O álcool afeta nosso comportamento porque ele altera o funcionamento químico do cérebro. Ele desregula níveis de neurotransmissores, que são os “mensageiros” químicos que transmitem os sinais através do corpo e
controlam processos biológicos, nossas emoções e comportamentos. O álcool
afeta tanto os neurotransmissores excitatórios quando os inibitórios.
Um exemplo de
neurotransmissor excitatório é o glutamato, que normalmente aumenta o nível de
atividade cerebral e energia. O álcool reduz os níveis de glutamato, reduzindo
a velocidade dos processamentos cerebrais, deixando nosso pensamento mais lento
e confuso
Um exemplo de
neurotransmissor inibitório é o GABA, que nos acalma e abaixa os níveis de energia.

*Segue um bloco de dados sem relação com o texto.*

-- ===== src/Vm/Console/Rounds.antt =====
-- pkg/vm/vm_linux.go: the loop of `PrintConsole` ends with its stream.
use podman_bootc.Base.{
  ℕ, zero, suc, ◌+◌, ◌≤◌, ◌<◌, Bool, true, false, ◌≡◌, refl, ◌==◌, ◌∷◌, lit, Option, some, arith,
  if◌then◌else◌,
}
use podman_bootc.Go.Errors.{Result, ok, err, panic, wrap}
use podman_bootc.Vm.Console.{console_rounds, print_console}
use podman_bootc.Vm.Linux.{BootcVmLinux}
use podman_bootc.World.Returns.{Returns-bind}
use podman_bootc.World.Calls.{
  System, Answer, done, failed, Measure, receive, Event, measured, Trace,
}
use podman_bootc.World.Exec.{M, pure, retry, context, ◌>>=◌, measure, given, wrapped, continue}
use podman_bootc.World.Sleeps.{sum_of}

abbrev is_receive_call : Measure → ℕ
is_receive_call (receive s) = 1
is_receive_call _ = 0

abbrev is_receive : Event → ℕ
is_receive (measured c r) = is_receive_call c
is_receive _ = 0

-- How often a history asked for the next bytes of a stream.
abbrev pub received : Trace → ℕ
received t = sum_of is_receive t

-- The end of a stream, or an error.
abbrev pub IsEnd : Answer ℕ → Type 0
IsEnd (done got) = got ≡ 0
IsEnd (failed e) = Unit

-- After `k` questions for bytes, each stream has ended.
abbrev pub EndsBy : System → ℕ → Type 0
EndsBy sys k = (stream : ℕ) (u : Trace) → k ≤ received u → IsEnd (sys.measure u (receive stream))

module _ (sys : System) (stream : ℕ) where
  abbrev round_result : ℕ → Trace → Answer ℕ → Result (Option (Unit {0})) × Trace
  round_result n t (done got) =
      if got == 0 then (ok (some tt), t) else console_rounds sys n stream t
  round_result n t (failed e) = (err (wrap (lit "unable to receive console output") e), t)

  abbrev asked : Trace → Trace
  asked t = measured (receive stream) (sys.measure t (receive stream)) ∷ t

  -- One round of the loop.
  round_step :
      (n : ℕ) (t : Trace)
      → console_rounds sys (suc n) stream t
        ≡ round_result n (asked t) (sys.measure t (receive stream))
  unfolding console_rounds retry context measure pure ◌>>=◌
  round_step n t = by_answer (sys.measure t (receive stream)) (asked t)
    where
      by_answer :
          (r : Answer ℕ) (u : Trace)
          → continue
              (λ got. if got == 0 then pure (some tt) else console_rounds sys n stream)
              (wrapped (lit "unable to receive console output") (given r))
              u
            ≡ round_result n u r
      by_answer (done got) u = by_test (got == 0) u
        where
          by_test :
              (b : Bool) (u : Trace)
              → (if b then pure (some tt) else console_rounds sys n stream) u
                ≡ (if b then (ok (some tt), u) else console_rounds sys n stream u)
          by_test true u = refl
          by_test false u = refl
      by_answer (failed e) u = refl

  -- Enough rounds give the same result, which is none of exhaustion.
  abbrev Settled : ℕ → ℕ → Trace → Type 0
  Settled n m t =
      (console_rounds sys n stream t ≡ console_rounds sys m stream t)
      × ((o : Option (Unit {0})) → (console_rounds sys n stream t).0 ≡ ok o → o ≡ some tt)

  Settled-end :
      (n m : ℕ) (t : Trace) → IsEnd (sys.measure t (receive stream)) → Settled (suc n) (suc m) t
  Settled-end n m t h =
      rw (round_step n t, round_step m t) (by_answer (sys.measure t (receive stream)) (asked t) h)
    where
      by_answer :
          (r : Answer ℕ) (u : Trace)
          → IsEnd r
          → (round_result n u r ≡ round_result m u r)
            × ((o : Option (Unit {0})) → (round_result n u r).0 ≡ ok o → o ≡ some tt)
      by_answer (done got) u h = rw h (refl, λ o e. cc)
      by_answer (failed e) u h = (refl, λ o e. cc)

  Settled-round : (n m : ℕ) (t : Trace) → Settled n m (asked t) → Settled (suc n) (suc m) t
  Settled-round n m t h =
      rw (round_step n t, round_step m t) (by_answer (sys.measure t (receive stream)) (asked t) h)
    where
      by_test :
          (b : Bool) (u : Trace)
          → Settled n m u
          → let x = λ (k : ℕ). if b then (ok (some tt), u) else console_rounds sys k stream u in
            (x n ≡ x m) × ((o : Option (Unit {0})) → (x n).0 ≡ ok o → o ≡ some tt)
      by_test true u h = (refl, λ o e. cc)
      by_test false u h = h

      by_answer :
          (r : Answer ℕ) (u : Trace)
          → Settled n m u
          → (round_result n u r ≡ round_result m u r)
            × ((o : Option (Unit {0})) → (round_result n u r).0 ≡ ok o → o ≡ some tt)
      by_answer (done got) u h = by_test (got == 0) u h
      by_answer (failed e) u h = (refl, λ o e. cc)

  rounds-Settled :
      (end k n m : ℕ) (t : Trace)
      → EndsBy sys end
      → end ≤ received t + k
      → k < n
      → k < m
      → Settled n m t
  rounds-Settled end k zero m t ends h a b = absurd (omega (arith, a))
  rounds-Settled end k (suc n) zero t ends h a b = absurd (omega (arith, b))
  rounds-Settled end zero (suc n) (suc m) t ends h a b =
      Settled-end n m t (ends stream t (omega (arith, h)))
  rounds-Settled end (suc k) (suc n) (suc m) t ends h a b = Settled-round n m t (
      rounds-Settled end k n m (asked t) ends (omega (arith, h)) (omega (arith, a))
        (omega (arith, b)))

same_after :
    {A B : Type 0} (m : M A) (f g : A → M B) (t : Trace)
    → ((a : A) (u : Trace) → f a u ≡ g a u)
    → (m >>= f) t ≡ (m >>= g) t
unfolding ◌>>=◌
same_after {A} m f g t h = by_result (m t).0 (m t).1
  where
    by_result : (r : Result A) (u : Trace) → continue f r u ≡ continue g r u
    by_result (ok a) u = h a u
    by_result (err e) u = refl
    by_result panic u = refl

-- For every system in which each stream has ended after `k` questions for bytes, every VM, history and
-- two bounds above `k` on the rounds: the loop of `PrintConsole` ends within either bound, and with the
-- same result; in particular the bound is never what ends it.
pub print_console-ends :
    (sys : System) (v : BootcVmLinux) (k n m : ℕ) (t : Trace)
    → EndsBy sys k
    → k < n
    → k < m
    → (print_console sys n v t ≡ print_console sys m v t)
      × ((o : Option (Unit {0})) → (print_console sys n v t).0 ≡ ok o → o ≡ some tt)
unfolding print_console
print_console-ends sys v k n m t ends a b = (
  same_after _ _ _ t (λ conn u. same_after _ _ _ u (λ stream w. same_after _ _ _ w (λ d x.
      same_after _ _ _ x (λ _ y. (rounds-Settled sys stream k k n m y ends (omega arith) a b).0)))),
  (Returns-bind (λ o. o ≡ some tt) _
        λ conn. Returns-bind _ _ λ stream. Returns-bind _ _ λ d. Returns-bind _ _ λ _. record {
          at = λ y o e. (rounds-Settled sys stream k k n m y ends (omega arith) a b).1 o e;
        }).at
      t,
)
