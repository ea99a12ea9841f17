-- ===== src/Tests/Images.antt =====
-- The table of images and the console, on concrete inputs.
use podman_bootc.Base.{
  ℕ, ◌-◌, ◌≡◌, ◌≢◌, refl, Text, lit, List, [], ◌∷◌, ◌++◌, Option, some, arith, text_eq,
}
use podman_bootc.Base.Int.{pos}
use podman_bootc.Cmd.Images.{
  ImageSummary, Reference, tagged, image_rows, split_tags, token_repo_tag, no_name, shown,
  collect_rows,
}
use podman_bootc.Cmd.Images.Columns.{spaced}
use podman_bootc.Cmd.Images.Order.{
  sort_images, sort_slice, put, put_all, sort_func, is_newer, created_time,
}
use podman_bootc.Cmd.Images.Rows.{Outcome, Shown, NameError, row_of, image_rows-IsShown}
use podman_bootc.Cmd.Images.Sizes.{spaced-number}
use podman_bootc.Cmd.Images.Sorted.{Sorted, ImageError, sort_images-IsNewestFirst}
use podman_bootc.Go.Errors.{ok}
use podman_bootc.Tests.Sim.{calm, id_a}
use podman_bootc.Tests.Storage.{vm_a}
use podman_bootc.Vm.Console.{print_console}
use podman_bootc.Vm.Console.Rounds.{received, print_console-ends}
use podman_bootc.Vm.Linux.{BootcVmLinux}
use podman_bootc.World.Calls.{System, Answer, done, Measure, receive, Trace}

abbrev image_a : ImageSummary
image_a = record {
  id = id_a;
  created = pos 0;
  size = pos 1000;
  repo_tags = lit "<none>:<none>" ∷ lit "quay.io/a:v1" ∷ [];
  history = [];
}

abbrev image_b : ImageSummary
image_b = record image_a { created = pos 1; repo_tags = lit "quay.io/b:v1" ∷ [] }

abbrev parse_a : Text → Answer Reference
parse_a ref = done (tagged (lit "quay.io/a") (lit "v1"))

image_rows-IsShown_example :
    Outcome
      (Shown parse_a image_a)
      (NameError parse_a image_a.repo_tags)
      (image_rows parse_a image_a)
image_rows-IsShown_example = image_rows-IsShown parse_a image_a

-- Two images, of which the second was made last and comes first.
sorted_rows :
    sort_images parse_a (image_a ∷ image_b ∷ [])
    ≡ ok (
        row_of image_b (lit "quay.io/a", lit "v1")
        ∷ row_of image_a (lit "quay.io/a", lit "v1")
        ∷ [])
unfolding sort_images sort_slice put_all put sort_func is_newer created_time collect_rows image_rows
    split_tags token_repo_tag no_name shown text_eq lit podman_bootc.Base.Int.add64
sorted_rows = refl

sort_images-IsNewestFirst_example :
    Outcome
      (Sorted parse_a (image_a ∷ image_b ∷ []))
      (ImageError parse_a (image_a ∷ image_b ∷ []))
      (sort_images parse_a (image_a ∷ image_b ∷ []))
sort_images-IsNewestFirst_example = sort_images-IsNewestFirst parse_a (image_a ∷ image_b ∷ [])

spaced-number_example :
    spaced ((b'1' ∷ b'.' ∷ (b'5' ∷ [])) ++ (b'G' ∷ b'B' ∷ []))
    ≡ (b'1' ∷ b'.' ∷ (b'5' ∷ [])) ++ (b' ' ∷ b'G' ∷ b'B' ∷ [])
spaced-number_example =
    spaced-number (b'1' ∷ b'.' ∷ []) b'5' (b'G' ∷ b'B' ∷ []) refl (refl, (refl, tt))

-- A stream that ends at the third question.
abbrev measure_console : Trace → Measure → Answer ℕ
measure_console t (receive s) = done (2 - received t)
measure_console t _ = done 3

abbrev console : System
console = record calm { measure = measure_console }

abbrev vm_running : BootcVmLinux
vm_running = record {
  domain = some 7;
  libvirt_uri = lit "qemu:///session";
  libvirt_connection = some 3;
  common = vm_a;
}

print_console-ends_example :
    (print_console console 3 vm_running [] ≡ print_console console 10 vm_running [])
    × ((o : Option (Unit {0})) → (print_console console 3 vm_running []).0 ≡ ok o → o ≡ some tt)
print_console-ends_example =
    print_console-ends console vm_running 2 3 10 [] (λ s u h. omega (arith, h)) (omega arith)
      (omega arith)
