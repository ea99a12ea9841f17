-- ===== src/Vm/Mac/Looks.antt =====
-- pkg/vm/vm_darwin.go: programs that only look at the pid file of a VM and at its process.
use podman_bootc.Base.{ℕ, ◌^◌, ◌<◌, true, ◌≡◌, refl, ◌∷◌, Text, none}
use podman_bootc.Base.Int.{pos}
use podman_bootc.Go.Decimal.{format_int}
use podman_bootc.Go.Errors.{ok}
use podman_bootc.Utils.Files.{read_pid_file, file_exists}
use podman_bootc.Utils.PidFiles.{parse_pid-format_int}
use podman_bootc.Utils.Process.{is_process_alive}
use podman_bootc.Vm.Mac.{runs_as}
use podman_bootc.World.Calls.{
  System, Event, Trace, Answer, done, acted, answered, measured, Action, find_process,
  signal_process, stat_size, read_file,
}
use podman_bootc.World.Events.{Extends, more}
use podman_bootc.World.Exec.{M, pure, if_nil, attempt, context, ◌>>=◌, act, read, measure}

-- An event that asks without changing anything: a read, or the signal 0.
abbrev IsLookAction : Action → Type 0
IsLookAction (find_process pid) = Unit
IsLookAction (signal_process pid s) = s ≡ 0
IsLookAction _ = ⊥

abbrev pub IsLook : Event → Type 0
IsLook (acted c r) = IsLookAction c
IsLook (answered c r) = Unit
IsLook (measured c r) = Unit
IsLook _ = ⊥

-- From `u` on, while only such events happen, the file at `path` holds the id of a process that runs.
pub record Lives (sys : System) (path : Text) (pid : ℕ) (u : Trace) : Type 0 where
  pub there : (w : Trace) → Extends IsLook u w → (k : ℕ) × (sys.measure w (stat_size path) ≡ done k)
  pub content :
      (w : Trace) → Extends IsLook u w → sys.read w (read_file path) ≡ done (format_int (pos pid))
  pub found : (w : Trace) → Extends IsLook u w → sys.act w (find_process (pos pid)) ≡ done tt
  pub alive : (w : Trace) → Extends IsLook u w → sys.act w (signal_process (pos pid) 0) ≡ done tt

-- From `u` on, `m` only looks, and returns `a`.
pub record Sees {A : Type 0} (u : Trace) (m : M A) (a : A) : Type 0 where
  pub at : (w : Trace) → Extends IsLook u w → ((m w).0 ≡ ok a) × Extends IsLook u (m w).1

module _ {A : Type 0} {u : Trace} where
  pub Sees-pure : (a : A) → Sees u (pure a) a
  unfolding pure
  Sees-pure a = record { at = λ w x. (refl, x) }

  pub Sees-context : (p : Text) {m : M A} {a : A} → Sees u m a → Sees u (context p m) a
  unfolding context
  Sees-context p h = record { at = λ w x. let (e, y) = h.at w x in (rw e refl, y) }

  pub Sees-bind :
      {B : Type 0} {m : M A} (a : A) (f : A → M B) {b : B}
      → Sees u m a
      → Sees u (f a) b
      → Sees u (m >>= f) b
  unfolding ◌>>=◌
  Sees-bind a f hm hf = record { at = λ w x. let (e, y) = hm.at w x in rw e (hf.at _ y) }

-- From `u` on, `m` only looks, and then makes the call `c` as its last one.
pub record Finishes {A : Type 0} (u : Trace) (m : M A) (c : Action) : Type 0 where
  pub at :
      (w : Trace)
      → Extends IsLook u w
      → (v : Trace) × (r : Answer (Unit {0})) × ((m w).1 ≡ acted c r ∷ v) × Extends IsLook u v

pub Finishes-act : (sys : System) {u : Trace} (c : Action) → Finishes u (act sys c) c
unfolding act
Finishes-act sys c = record { at = λ w x. (w, sys.act w c, refl, x) }

pub Finishes-bind :
    {A B : Type 0} {u : Trace} {m : M A} (a : A) (f : A → M B) {c : Action}
    → Sees u m a
    → Finishes u (f a) c
    → Finishes u (m >>= f) c
unfolding ◌>>=◌
Finishes-bind a f hm hf = record { at = λ w x. let (e, y) = hm.at w x in rw e (hf.at _ y) }

module _ (sys : System) (path : Text) (pid : ℕ) (u : Trace) where
  pub Sees-file : Lives sys path pid u → Sees u (file_exists sys path) (true, none)
  unfolding file_exists attempt measure pure ◌>>=◌
  Sees-file h = record { at = λ w x. let (k, e) = h.there w x in rw e (refl, more _ tt x) }

  pub Sees-pid : pid < 2 ^ 63 → Lives sys path pid u → Sees u (read_pid_file sys path) (pos pid)
  unfolding read_pid_file measure read if_nil pure ◌>>=◌
  Sees-pid small h = record {
    at = λ w x.
        let (k, e) = h.there w x in
        rw
          (
            e,
            h.content _ (more (measured (stat_size path) (done k)) tt x),
            parse_pid-format_int pid small,
          )
          (refl, more _ tt (more _ tt x));
  }

  pub Sees-found : Lives sys path pid u → Sees u (act sys (find_process (pos pid))) tt
  unfolding act
  Sees-found h = record { at = λ w x. rw (h.found w x) (refl, more _ tt x) }

  pub Sees-process : Lives sys path pid u → Sees u (is_process_alive sys (pos pid)) true
  unfolding is_process_alive attempt act pure ◌>>=◌
  Sees-process h = record {
    at = λ w x.
        rw (h.found w x, h.alive _ (more (acted (find_process (pos pid)) (done tt)) tt x))
          (refl, more _ refl (more _ tt x));
  }

  pub runs_as-Sees : Lives sys path pid u → Sees u (runs_as sys (pos pid)) true
  unfolding runs_as
  runs_as-Sees h = Sees-process h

O álcool aumenta os níveis cerebrais de GABA, consequentemente causando calma,
relaxamento e por vezes sono.
Juntando esses
dois efeitos, por isso que quando tomamos o álcool nós podemos ficar mais
lentos, com pensamentos confusos, enrolar a fala e atrapalha nossa
capacidade de raciocínio e pode até causar sonolência. Quanto maior a dose
maior o efeito.
Mas tem um
detalhe! O álcool também aumenta a liberação do neurotransmissor “dopamina” no
cérebro, justamente na área que funciona como “centro da recompensa”. Essa mesma
área é estimulada quando fazemos algo prazeroso como sair com amigos, namorar,
etc. Assim o álcool te engana! Ele faz com que você se sinta melhor, ou que
você tenha a sensação de que está superando um determinado problema (um
sentimento, uma tristeza). Assim você continua bebendo para liberar mais dopamina,
mas ao mesmo tempo você modifica toda a química cerebral aumentando os níveis
de GABA e reduzindo de glutamato, gerando sentimentos depressivos. Por isso as
pessoas enquanto bebem álcool podem ter variações tão bruscas de humor, e o tempo
que cada fase demora varia de acordo com a velocidade da ingestão de álcool e a
capacidade de processamento de cada um.